Interconnect and parallelism

How GPUs talk to each other, and why this dominates the performance story for MoE inference. Workstation Blackwell's lack of NVLink is the second-most consequential constraint after the SM ISA split.

Pages in this section

The headline numbers

graph LR
    NVL["NVLink 5 NVL72<br/>1.8 TB/s/GPU"]
    NVS["NVSwitch DGX<br/>900 GB/s/GPU"]
    P5["PCIe Gen5 x16<br/>64 GB/s"]
    P4["PCIe Gen4 x16<br/>32 GB/s"]
    NVL --> NVS --> P5 --> P4

The bandwidth gap between datacenter NVLink and consumer PCIe is roughly 30–55×. For most kernels (compute-bound dense matmul), this doesn't matter — the bandwidth is between GPUs but the work happens within them. For MoE all-to-all, this is the dominant performance number.

Why it matters for MoE

A MoE layer with N experts and top-k routing has the following data flow per token:

  1. Compute routing scores (small)
  2. Dispatch token's hidden state to k experts (= cross-GPU send if experts live elsewhere)
  3. Each expert runs its FFN
  4. Combine k outputs back into the token's GPU (cross-GPU recv)

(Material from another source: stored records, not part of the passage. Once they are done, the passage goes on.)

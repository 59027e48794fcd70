-- ===== src/Tutoring/Slots.antt =====
-- The numbers that `expand` gives to the observations, found by their indices.
use aprendiendo.Base.{
  ℕ, ◌+◌, ◌&&◌, Option, none, some, List, [], ◌∷◌, ◌++◌, ◌≡◌, ok, try_fold, >>=-eq-ok, or_else,
  length, ◌==◌, if◌then◌else◌, arith,
}
use aprendiendo.Tutoring.Requests.{
  TutoringObservationInput, TutoringAttemptInput, TutoringTurnInput,
}
use aprendiendo.Tutoring.Checks.{to_u16, enumerate_from}
use aprendiendo.Tutoring.Scan.{
  ObservationSlot, Slots, find_slot, same_key, number_one, number_attempt, number_turn,
}

-- The number of an observation by counting, after `n` earlier ones.
abbrev pub count_observations : ℕ × ℕ → ℕ → ℕ × ℕ → ℕ → ℕ → List TutoringObservationInput → Option ℕ
count_observations k index key oi n [] = none
count_observations k index key oi n (o ∷ rest) =
    let later = count_observations k index key (oi + 1) (n + 1) rest in
    if same_key key k && oi == index then some (n + 1) else later

abbrev pub observations_in : List TutoringAttemptInput → ℕ
observations_in [] = 0
observations_in (a ∷ rest) = length a.observations + observations_in rest

abbrev pub count_in_attempts : ℕ × ℕ → ℕ → ℕ → ℕ → ℕ → List TutoringAttemptInput → Option ℕ
count_in_attempts k index ti ai n [] = none
count_in_attempts k index ti ai n (a ∷ rest) =
    or_else (count_observations k index (ti, ai) 0 n a.observations)
      (count_in_attempts k index ti (ai + 1) (n + length a.observations) rest)

abbrev pub count_in_turns : ℕ × ℕ → ℕ → ℕ → ℕ → List TutoringTurnInput → Option ℕ
count_in_turns k index ti n [] = none
count_in_turns k index ti n (turn ∷ turns) =
    or_else (count_in_attempts k index ti 0 n turn.attempts)
      (count_in_turns k index (ti + 1) (n + observations_in turn.attempts) turns)

find_slot-append :
    (k : ℕ × ℕ) (index : ℕ) (es : List ObservationSlot) (e : ObservationSlot)
    → find_slot k index (es ++ e ∷ [])
      ≡ or_else
          (find_slot k index es)
          (if same_key e.key k && e.index == index then some e.number else none)
find_slot-append k index [] e = ground arith
find_slot-append k index (d ∷ es) e = ground (arith, find_slot-append k index es e)

-- What a loop makes of the counter and of each entry.
pub record Counted (s : Slots) (added : ℕ) (count : ℕ × ℕ → ℕ → Option ℕ) (out : Slots)
    : Type 0 where
  pub next : out.next ≡ s.next + added
  pub found :
      (k : ℕ × ℕ) (index : ℕ)
      → find_slot k index out.entries ≡ or_else (find_slot k index s.entries) (count k index)

number_one-ok :
    (key : ℕ × ℕ) (s : Slots) (oi : ℕ) (o : TutoringObservationInput) {out : Slots}
    → number_one key s (oi, o) ≡ ok out
    → Counted s 1 (λ k index. if same_key key k && oi == index then some (s.next + 1) else none) out
unfolding number_one
number_one-ok key s oi o {out} h =
    let (n, first, last) = >>=-eq-ok (to_u16 (s.next + 1)) _ h in
    let e : ObservationSlot = record { key = key; index = oi; number = n } in
    let number : n ≡ s.next + 1 = ground (arith, first) in
    let entries : out.entries ≡ s.entries ++ e ∷ [] = ground (arith, last) in
    record {
      next = ground (arith, number, last);
      found = λ k index.
          rw entries (rw (find_slot-append k index s.entries e) (ground (arith, number)));
    }

number_observations-ok :
    (key : ℕ × ℕ) (s : Slots) (oi : ℕ) (os : List TutoringObservationInput) {out : Slots}
    → try_fold (number_one key) s (enumerate_from oi os) ≡ ok out
    → Counted s (length os) (λ k index. count_observations k index key oi s.next os) out
number_observations-ok key s oi [] h = record {
  next = ground arith;
  found = λ k index. ground arith;
}
number_observations-ok key s oi (o ∷ rest) h =
    let (u, first, later) = >>=-eq-ok (number_one key s (oi, o)) _ h in
    let c = number_one-ok key s oi o first in
    let d = number_observations-ok key u (oi + 1) rest later in
    record {
      next = ground (arith, c.next, d.next);
      found = λ k index. ground (arith, c.next, c.found k index, d.found k index);
    }

number_attempts-ok :
    (ti : ℕ) (s : Slots) (ai : ℕ) (as' : List TutoringAttemptInput) {out : Slots}
    → try_fold (number_attempt ti) s (enumerate_from ai as') ≡ ok out
    → Counted s (observations_in as') (λ k index. count_in_attempts k index ti ai s.next as') out
unfolding number_attempt
number_attempts-ok ti s ai [] h = record { next = ground arith; found = λ k index. ground arith }
number_attempts-ok ti s ai (a ∷ rest) h =
    let (u, first, later) = >>=-eq-ok (number_attempt ti s (ai, a)) _ h in
    let c = number_observations-ok (ti, ai) s 0 a.observations first in
    let d = number_attempts-ok ti u (ai + 1) rest later in
    record {
      next = ground (arith, c.next, d.next);
      found = λ k index. ground (arith, c.next, c.found k index, d.found k index);
    }

abbrev pub observations_in_turns : List TutoringTurnInput → ℕ
observations_in_turns [] = 0
observations_in_turns (turn ∷ turns) = observations_in turn.attempts + observations_in_turns turns

-- The numbering finds each observation where counting does.
pub number_turns-ok :
    (s : Slots) (ti : ℕ) (turns : List TutoringTurnInput) {out : Slots}
    → try_fold number_turn s (enumerate_from ti turns) ≡ ok out
    → Counted s
        (observations_in_turns turns)
        (λ k index. count_in_turns k index ti s.next turns)
        out
unfolding number_turn
number_turns-ok s ti [] h = record { next = ground arith; found = λ k index. ground arith }
number_turns-ok s ti (turn ∷ turns) h =
    let (u, first, later) = >>=-eq-ok (number_turn s (ti, turn)) _ h in
    let c = number_attempts-ok ti s 0 turn.attempts first in
    let d = number_turns-ok u (ti + 1) turns later in
    record {
      next = ground (arith, c.next, d.next);
      found = λ k index. ground (arith, c.next, c.found k index, d.found k index);
    }
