-- ===== src/Tutoring/Counting.antt =====
-- Where counting finds an attempt or an observation of the request.
use aprendiendo.Base.{ℕ, ◌+◌, ◌≤◌, some, List, [], ◌∷◌, ◌≡◌, length, arith, Option-cases, inl, inr}
use aprendiendo.Tutoring.Requests.{
  TutoringObservationInput, TutoringAttemptInput, TutoringTurnInput,
}
use aprendiendo.Tutoring.Numbers.{count_attempts, count_turns}
use aprendiendo.Tutoring.Slots.{
  count_observations, count_in_attempts, count_in_turns, observations_in,
}

-- Where counting finds something, the indices are at or after those from which it counts.
pub count_attempts-ge :
    (k : ℕ × ℕ) (ti ai n : ℕ) (as' : List TutoringAttemptInput) (v : ℕ × ℕ)
    → count_attempts k ti ai n as' ≡ some v
    → (k.0 ≡ ti) × (ai ≤ k.1)
count_attempts-ge k ti ai n [] v h = absurd (cc)
count_attempts-ge k ti ai n (a ∷ rest) v h =
    ground (arith, count_attempts-ge k ti (ai + 1) (n + 1) rest v)

pub count_turns-ge :
    (k : ℕ × ℕ) (ti n : ℕ) (turns : List TutoringTurnInput) (v : ℕ × ℕ)
    → count_turns k ti n turns ≡ some v
    → ti ≤ k.0
count_turns-ge k ti n [] v h = absurd (cc)
count_turns-ge k ti n (turn ∷ turns) v h = ground (
  arith,
  count_attempts-ge k ti 0 n turn.attempts v,
  count_turns-ge k (ti + 1) (n + length turn.attempts) turns v,
)

pub count_observations-ge :
    (k : ℕ × ℕ) (index : ℕ) (key : ℕ × ℕ) (oi n : ℕ) (os : List TutoringObservationInput) (v : ℕ)
    → count_observations k index key oi n os ≡ some v
    → (k.0 ≡ key.0) × (k.1 ≡ key.1) × (oi ≤ index)
count_observations-ge k index key oi n [] v h = absurd (cc)
count_observations-ge k index key oi n (o ∷ rest) v h =
    ground (arith, count_observations-ge k index key (oi + 1) (n + 1) rest v)

pub count_in_attempts-ge :
    (k : ℕ × ℕ) (index ti ai n : ℕ) (as' : List TutoringAttemptInput) (v : ℕ)
    → count_in_attempts k index ti ai n as' ≡ some v
    → (k.0 ≡ ti) × (ai ≤ k.1)
count_in_attempts-ge k index ti ai n [] v h = absurd (cc)
count_in_attempts-ge k index ti ai n (a ∷ rest) v h = ground (
  arith,
  count_observations-ge k index (ti, ai) 0 n a.observations v,
  count_in_attempts-ge k index ti (ai + 1) (n + length a.observations) rest v,
)

pub count_in_turns-ge :
    (k : ℕ × ℕ) (index ti n : ℕ) (turns : List TutoringTurnInput) (v : ℕ)
    → count_in_turns k index ti n turns ≡ some v
    → ti ≤ k.0
count_in_turns-ge k index ti n [] v h = absurd (cc)
count_in_turns-ge k index ti n (turn ∷ turns) v h = ground (
  arith,
  count_in_attempts-ge k index ti 0 n turn.attempts v,
  count_in_turns-ge k index (ti + 1) (n + observations_in turn.attempts) turns v,
)

-- What is counted later is not counted earlier.
pub count_in_attempts-later :
    (k : ℕ × ℕ) (index ti ai m : ℕ) (a : TutoringAttemptInput) (rest : List TutoringAttemptInput)
    (v : ℕ)
    → count_in_attempts k index ti (ai + 1) (m + length a.observations) rest ≡ some v
    → count_in_attempts k index ti ai m (a ∷ rest) ≡ some v
count_in_attempts-later k index ti ai m a rest v c =
    let (_, after) =
      count_in_attempts-ge k index ti (ai + 1) (m + length a.observations) rest v c in
    elim (Option-cases (count_observations k index (ti, ai) 0 m a.observations)) [
      | inl none' ↦ ground (arith, c, none')
      | inr (u, some') ↦
          ground (arith, after, some', count_observations-ge k index (ti, ai) 0 m a.observations u)
    ]

pub count_turns-later :
    (k : ℕ × ℕ) (ti n : ℕ) (turn : TutoringTurnInput) (turns : List TutoringTurnInput) (v : ℕ × ℕ)
    → count_turns k (ti + 1) (n + length turn.attempts) turns ≡ some v
    → count_turns k ti n (turn ∷ turns) ≡ some v
count_turns-later k ti n turn turns v c =
    let after = count_turns-ge k (ti + 1) (n + length turn.attempts) turns v c in
    elim (Option-cases (count_attempts k ti 0 n turn.attempts)) [
      | inl none' ↦ ground (arith, c, none')
      | inr (u, some') ↦ ground (arith, after, some', count_attempts-ge k ti 0 n turn.attempts u)
    ]

pub count_in_turns-later :
    (k : ℕ × ℕ) (index ti m : ℕ) (turn : TutoringTurnInput) (turns : List TutoringTurnInput) (v : ℕ)
    → count_in_turns k index (ti + 1) (m + observations_in turn.attempts) turns ≡ some v
    → count_in_turns k index ti m (turn ∷ turns) ≡ some v
count_in_turns-later k index ti m turn turns v c =
    let after = count_in_turns-ge k index (ti + 1) (m + observations_in turn.attempts) turns v c in
    elim (Option-cases (count_in_attempts k index ti 0 m turn.attempts)) [
      | inl none' ↦ ground (arith, c, none')
      | inr (u, some') ↦
          ground (arith, after, some', count_in_attempts-ge k index ti 0 m turn.attempts u)
    ]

For Expert Parallelism (EP) where N experts are split across N GPUs, steps 2 and 4 are all-to-all operations whose volume scales with N × hidden_size × tokens_per_step. For a model like DeepSeek-V3 (N=256, hidden=7168, batch≈64), this is on the order of gigabytes per step.

On NVLink: the all-to-all completes in microseconds. On PCIe: it takes hundreds of microseconds to milliseconds.

For decode (where each step produces 1 token), this directly increases per-token latency. Throughput collapses by 30–50×.

Why it doesn't matter for non-MoE

Dense models (Llama, Mistral, GLM-4) use only Tensor Parallelism (TP) for multi-GPU serving. TP requires only an all_reduce per layer (not all-to-all), and the volume is much smaller (proportional to sequence length, not vocabulary). PCIe Gen4 is sufficient for TP with minimal slowdown.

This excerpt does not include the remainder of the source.